I always use a boost no matter what amp I play through. For example on both my JVM & E530, I turn the gain down on the amp itself and clean boost it with either a TS9, SD1 or ZW44. Sounds great that way. Tight, clean and aggressive.


----------



## ChronicConsumer (May 25, 2012)

TheShreddinHand said:


> What cab are you using with it?
> 
> Eric



A Harley Benton G vintage 2x12 with Celestion V30s. 

As for it not having enough gain, kinda depends what you mean. Sure, maybe not a full on 90s death metal stomp, but it's way more distortion than you need for a good metal tone. I play a lot of melodic and technical death metal (and classical music) and I've never considered it to lack gain. Pretty good dynamic response, too.


----------



## SevenSkull (May 26, 2012)

casketshrine said:


> I always use a boost no matter what amp I play through. For example on both my JVM & E530, I turn the gain down on the amp itself and clean boost it with either a TS9, SD1 or ZW44. Sounds great that way. Tight, clean and aggressive.



Then the amp is recommendation. I used a T808 clone and was happy with the gain. Personally I try to not use a boost for flexibility reasons.
The tone shift options on the IRT is a cool idea, but I only pulled the mid shift from time to time.
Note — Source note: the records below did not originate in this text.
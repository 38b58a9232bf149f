-- ===== src/Daemon/Isolation.antt =====
-- Each handler leaves the sessions of other connections alone, and addresses distinct.
use trustonic_tee_user_space.Prelude.{
  ℕ, ◌≡◌, refl, sym, subst, ap, ◌∙◌, Bool, false, List, [], map, Option, none, some, arith, ◌==◌,
  Bool-cases, Option-cases, inl, inr,
}
use trustonic_tee_user_space.Status.{daemon_socket}
use trustonic_tee_user_space.TrustletSession.{Wsm}
use trustonic_tee_user_space.Device.{Device, Event}
use trustonic_tee_user_space.Device.Open.{OpenPayload, open_session}
use trustonic_tee_user_space.Device.Ownership.{Fresh, Distinct}
use trustonic_tee_user_space.Device.Skeleton.{fixed, skeleton}
use trustonic_tee_user_space.Daemon.{
  World, Daemon, RegObject, Received, read_failed, wrong_length, payload, recv_payload,
  check_device, has_device, write_result,
}
use trustonic_tee_user_space.Daemon.Services.{
  TciRequest, OpenSessionRequest, load_data, register_service, unregister_service, answer_open,
  open_registered, open_service, find_service, process_open_session,
}
use trustonic_tee_user_space.Daemon.Trustlet.{
  Reads, OpenTrustletRequest, read_trustlet, open_blob, receive_blob, process_open_trustlet,
}
use trustonic_tee_user_space.Daemon.Kept.{Kept, Kept-trans, Kept-same, Kept-open_session}

-- What a handler does that returns.
abbrev pub Spares : ℕ → Daemon → Option Daemon → Type 0
Spares c d none = Unit
Spares c d (some d') = Kept c d.device d'.device

module _ (c connection : ℕ) (d : Daemon) (h : Distinct d.device.sessions) where
  pub recv_payload-Spares :
      {A : Type 0} (r : Received A) (next : A → Option Daemon)
      → ((a : A) → Spares c d (next a))
      → Spares c d (recv_payload connection r d next)
  unfolding recv_payload
  recv_payload-Spares read_failed next k = Kept-same c d.device d.device refl h
  recv_payload-Spares wrong_length next k = Kept-same c d.device d.device refl h
  recv_payload-Spares (payload a) next k = k a

  pub check_device-Spares :
      (next : Option Daemon) → Spares c d next → Spares c d (check_device connection d next)
  unfolding check_device
  check_device-Spares next k = elim (Bool-cases (has_device connection d.opened)) [
    | inl e ↦ rw e k
    | inr e ↦ rw e (Kept-same c d.device d.device refl h)
  ]

answer_open-device :
    (connection ret : ℕ) (p : Option OpenPayload) (d : Daemon)
    → (answer_open connection ret p d).device ≡ d.device
unfolding answer_open
answer_open-device connection ret p d = ground arith

unregister-skeleton :
    (w : World) (d : Device) (wsm : Wsm) → skeleton (unregister_service w d wsm).1 ≡ skeleton d
unfolding unregister_service
unregister-skeleton w d wsm = ground arith

open_registered-device :
    (w : World) (d : Daemon) (c : ℕ) (obj : RegObject) (is_gpta : Bool) (t : TciRequest) (wsm : Wsm)
    → skeleton (open_registered w d c obj is_gpta t wsm).device
      ≡ skeleton
          (open_session w.env d.device c
            (w.socket_descriptor c)
            (load_data obj wsm is_gpta)
            t.handle
            t.len
            t.tci).2
unfolding open_registered
open_registered-device w d c obj is_gpta t wsm =
    let (ret, p, opened) =
      open_session w.env d.device c (w.socket_descriptor c) (load_data obj wsm is_gpta) t.handle
        t.len t.tci in
    let (done, left) = unregister_service w opened wsm in
    let same = unregister-skeleton w opened wsm in
    elim (Bool-cases done) [
      | inl e ↦
          rw (e, open_registered)
            (ap skeleton (answer_open-device c ret p (record d { device = left })) ∙ same)
      | inr e ↦ rw (e, open_registered) same
    ]

register-sessions :
    (w : World) (d : Device) (buffer len : ℕ)
    → (register_service w d buffer len).1.sessions ≡ d.sessions
unfolding register_service
register-sessions w d buffer len = ground arith

module _ (w : World) (c : ℕ) where
  abbrev pub Unused : Device → Type 0
  Unused d = (l : List Event) → Fresh (w.env.new_address l) d.sessions

  Kept-open_service :
      (d : Daemon) (obj : RegObject) (is_gpta : Bool) (t : TciRequest)
      → Distinct d.device.sessions
      → Unused d.device
      → Kept c d.device (open_service w d c obj is_gpta t).device
  unfolding open_service
  Kept-open_service d obj is_gpta t h f =
      let (found, device) = register_service w d.device obj.value obj.len in
      let shared : Daemon = record d { device = device } in
      let same = register-sessions w d.device obj.value obj.len in
      let h' : Distinct device.sessions = subst Distinct (sym same) h in
      let start : Kept c d.device device = Kept-same c d.device device (ap (map fixed) same) h in
      elim (Bool-cases (obj.len == 0)) [
        | inl e ↦ rw (e, open_service) (Kept-same c d.device d.device refl h)
        | inr e ↦ elim (Option-cases found) [
          | inl r ↦ rw (e, r, open_service) start
          | inr (wsm, r) ↦
              let opened =
                Kept-open_session w.env c device h'
                  (λ l. subst (Fresh (w.env.new_address l)) (sym same) (f l))
                  (w.socket_descriptor c) (load_data obj wsm is_gpta) t.handle t.len t.tci in
              let left =
                Kept-same c _ (open_registered w shared c obj is_gpta t wsm).device
                  (open_registered-device w shared c obj is_gpta t wsm) opened.distinct in
              rw (e, r, open_service) (Kept-trans start (Kept-trans opened left))
        ]
      ]

  pub Spares-open_session :
      (d : Daemon) (is_gp_uuid : Bool) (r : Received OpenSessionRequest)
      → Distinct d.device.sessions
      → Unused d.device
      → Spares c d (process_open_session w d c is_gp_uuid r)
  unfolding process_open_session
  Spares-open_session d is_gp_uuid r h f = recv_payload-Spares c c d h r _ (λ cmd.
      check_device-Spares c c d h _ (elim (Option-cases (find_service w d cmd.uuid is_gp_uuid)) [
        | inl e ↦ rw e (Kept-same c d.device d.device refl h)
        | inr (obj, e) ↦ rw e (Kept-open_service d obj is_gp_uuid cmd.buffer h f)
      ]))

  Spares-open_blob :
      (d : Daemon) (cmd : OpenTrustletRequest) (blob : List ℕ)
      → Distinct d.device.sessions
      → Unused d.device
      → Kept c d.device (open_blob w d c cmd blob).device
  unfolding open_blob
  Spares-open_blob d cmd blob h f =
      elim (Option-cases (w.mem_service_blob d.device.log cmd.spid blob)) [
        | inl e ↦ rw (e, open_blob) (Kept-same c d.device d.device refl h)
        | inr (obj, e) ↦ rw (e, open_blob) (Kept-open_service d obj false cmd.buffer h f)
      ]

  Spares-read :
      (d : Daemon) (cmd : OpenTrustletRequest) (r : Option (Option (List ℕ)))
      → Distinct d.device.sessions
      → Unused d.device
      → Spares c d (elim r as (λ _. Option Daemon) [
        | none ↦ none
        | some none ↦ some (write_result c daemon_socket d)
        | some (some blob) ↦ some (open_blob w d c cmd blob)
      ])
  Spares-read d cmd none h f = tt
  Spares-read d cmd (some none) h f = Kept-same c d.device d.device refl h
  Spares-read d cmd (some (some blob)) h f = Spares-open_blob d cmd blob h f

  pub Spares-open_trustlet :
      (fuel : ℕ) (d : Daemon) (reads : Reads) (r : Received OpenTrustletRequest)
      → Distinct d.device.sessions
      → Unused d.device
      → Spares c d (process_open_trustlet fuel w d c reads r)
  unfolding process_open_trustlet receive_blob
  Spares-open_trustlet fuel d reads r h f = recv_payload-Spares c c d h r _ (λ cmd.
      check_device-Spares c c d h _ (elim (Option-cases (w.malloc d.device.log cmd.trustlet_len)) [
        | inl e ↦ rw (e, receive_blob) (Kept-same c d.device d.device refl h)
        | inr (address, e) ↦
            rw (e, receive_blob)
              (Spares-read d cmd (read_trustlet fuel reads 0 cmd.trustlet_len []) h f)
      ]))
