-- ===== src/Device/Faults.antt =====
-- The wait for the secure world: when it fails, and what a recorded fault means from then on.
use trustonic_tee_user_space.Prelude.{
  ℕ, zero, suc, ◌+◌, ◌≡◌, ◌≢◌, refl, ◌∙◌, true, false, List, [], ◌∷◌, arith, ◌⊎◌, inl, inr,
}
use trustonic_tee_user_space.Status.{mc_drv_ok, daemon_mci_error, make_mcp_error}
use trustonic_tee_user_space.NotificationQueue.{Notification, sid_mcp}
use trustonic_tee_user_space.TrustletSession.{TrustletSession}
use trustonic_tee_user_space.Device.{Device, Env, Exchange, Command, sent, logged, mc_status_halt}
use trustonic_tee_user_space.Device.Irq.{handle_notification, handle_all}
use trustonic_tee_user_space.Device.Mcp.{
  notify_session, wait_loop, wait_mcp_notification, msh_notify_and_wait,
}
use trustonic_tee_user_space.Device.Close.{send_session_close_cmd, close_session_internal}

handle_notification-fault :
    (d : Device) (n : Notification) → (handle_notification d n).mc_fault ≡ d.mc_fault
unfolding handle_notification
handle_notification-fault d n = ground arith

pub handle_all-fault :
    (d : Device) (ns : List Notification) → (handle_all d ns).mc_fault ≡ d.mc_fault
unfolding handle_all
handle_all-fault d [] = refl
handle_all-fault d (n ∷ ns) =
    handle_all-fault (handle_notification d n) ns ∙ handle_notification-fault d n

-- The wait ends by a signal at one of the tries: none before it, and no halt seen.
abbrev pub Answered : ℕ → ℕ → Exchange → Type 0
Answered zero i x = ⊥
Answered (suc tries) i x =
    (x.signalled i ≡ true)
    ⊎ ((x.signalled i ≡ false) × (x.status i ≢ mc_status_halt) × Answered tries (i + 1) x)

wait_loop-true :
    (tries i : ℕ) (x : Exchange) (d : Device)
    → d.mc_fault ≡ false
    → Answered tries i x
    → wait_loop tries i x d ≡ (true, d)
unfolding wait_loop
wait_loop-true zero i x d f h = absurd h
wait_loop-true (suc tries) i x d f (inl h) = ground arith
wait_loop-true (suc tries) i x d f (inr (h, k, rest)) =
    ground (arith, wait_loop-true tries (i + 1) x d f rest)

wait_loop-false :
    (tries i : ℕ) (x : Exchange) (d : Device)
    → (wait_loop tries i x d).0 ≡ false
    → (wait_loop tries i x d).1.mc_fault ≡ true
unfolding wait_loop
wait_loop-false zero i x d h = refl
wait_loop-false (suc tries) i x d h = ground (arith, wait_loop-false tries (i + 1) x d)

wait_loop-fault :
    (tries i : ℕ) (x : Exchange) (d : Device)
    → d.mc_fault ≡ true
    → ((wait_loop tries i x d).0 ≡ false) × ((wait_loop tries i x d).1.mc_fault ≡ true)
unfolding wait_loop
wait_loop-fault zero i x d h = (refl, refl)
wait_loop-fault (suc tries) i x d h = ground arith

wait_mcp_notification-Answered :
    (x : Exchange) (d : Device)
    → d.mc_fault ≡ false
    → Answered 5 0 x
    → x.thread_exiting ≡ false
    → wait_mcp_notification x d ≡ (true, d)
unfolding wait_mcp_notification
wait_mcp_notification-Answered x d f h t = rw (wait_loop-true 5 0 x d f h, t)

wait_mcp_notification-false :
    (x : Exchange) (d : Device)
    → (wait_mcp_notification x d).0 ≡ false
    → ((wait_mcp_notification x d).1.mc_fault ≡ true) ⊎ (x.thread_exiting ≡ true)
unfolding wait_mcp_notification
wait_mcp_notification-false x d h = ground (arith, wait_loop-false 5 0 x d)

wait_mcp_notification-fault :
    (x : Exchange) (d : Device)
    → d.mc_fault ≡ true
    → ((wait_mcp_notification x d).0 ≡ false) × ((wait_mcp_notification x d).1.mc_fault ≡ true)
unfolding wait_mcp_notification
wait_mcp_notification-fault x d h = ground (arith, wait_loop-fault 5 0 x d h)

-- The device that waits: told, and with what happens meanwhile done.
abbrev waiting : Env → Command → Device → Device
waiting env c d =
    let x = env.exchange d.log c in
    handle_all (record (logged (notify_session d sid_mcp) (sent c)) { rsp = x.rsp; nq = x.nq })
      x.delivered

waiting-fault : (env : Env) (c : Command) (d : Device) → (waiting env c d).mc_fault ≡ d.mc_fault
unfolding notify_session
waiting-fault env c d = handle_all-fault _ (env.exchange d.log c).delivered

-- A command whose answer is signalled at one of the five tries, with no halt seen before it, while
-- no fault is recorded and no thread of the device is exiting, is reported as answered, and no fault
-- is recorded.
pub msh_notify_and_wait-Answered :
    (env : Env) (c : Command) (d : Device)
    → d.mc_fault ≡ false
    → Answered 5 0 (env.exchange d.log c)
    → (env.exchange d.log c).thread_exiting ≡ false
    → ((msh_notify_and_wait env c d).0 ≡ mc_drv_ok)
      × ((msh_notify_and_wait env c d).1.mc_fault ≡ false)
unfolding msh_notify_and_wait
msh_notify_and_wait-Answered env c d f h t =
    let w = waiting-fault env c d ∙ f in
    rw (wait_mcp_notification-Answered (env.exchange d.log c) (waiting env c d) w h t) (refl, w)

-- A command that is reported as not answered leaves a recorded fault, unless a thread of the device
-- was exiting.
pub msh_notify_and_wait-unanswered :
    (env : Env) (c : Command) (d : Device)
    → (msh_notify_and_wait env c d).0 ≢ mc_drv_ok
    → ((msh_notify_and_wait env c d).1.mc_fault ≡ true)
      ⊎ ((env.exchange d.log c).thread_exiting ≡ true)
unfolding msh_notify_and_wait
msh_notify_and_wait-unanswered env c d h =
    ground (arith, wait_mcp_notification-false (env.exchange d.log c) (waiting env c d))

-- After a fault no command gets through, whatever the secure world does, and the fault stays.
pub msh_notify_and_wait-fault :
    (env : Env) (c : Command) (d : Device)
    → d.mc_fault ≡ true
    → ((msh_notify_and_wait env c d).0 ≡ daemon_mci_error)
      × ((msh_notify_and_wait env c d).1.mc_fault ≡ true)
unfolding msh_notify_and_wait
msh_notify_and_wait-fault env c d h =
    let w = waiting-fault env c d ∙ h in
    let stuck = wait_mcp_notification-fault (env.exchange d.log c) (waiting env c d) w in
    (rw stuck.0, stuck.1)

-- The session commands fail with the code of an unreachable daemon, the close commands with that
-- code packed.
pub close_session_internal-fault :
    (env : Env) (d : Device) (s : TrustletSession)
    → d.mc_fault ≡ true
    → ((close_session_internal env d s).0 ≡ make_mcp_error daemon_mci_error)
      × ((close_session_internal env d s).1.mc_fault ≡ true)
unfolding close_session_internal send_session_close_cmd
close_session_internal-fault env d s h =
    let failed = msh_notify_and_wait-fault env _ d h in (rw failed.0, failed.1)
BTW I own a Engl E530, too, which benefits from the Watts control because this feature is placed after the effects loop. So playing at bedroom volume or adding some coloration is easy.


----------



## capoeiraesp (May 26, 2012)

I think you'll be ok getting a 5150iii 50 watt in September. Stock levels seem to be improving around my end of the world. 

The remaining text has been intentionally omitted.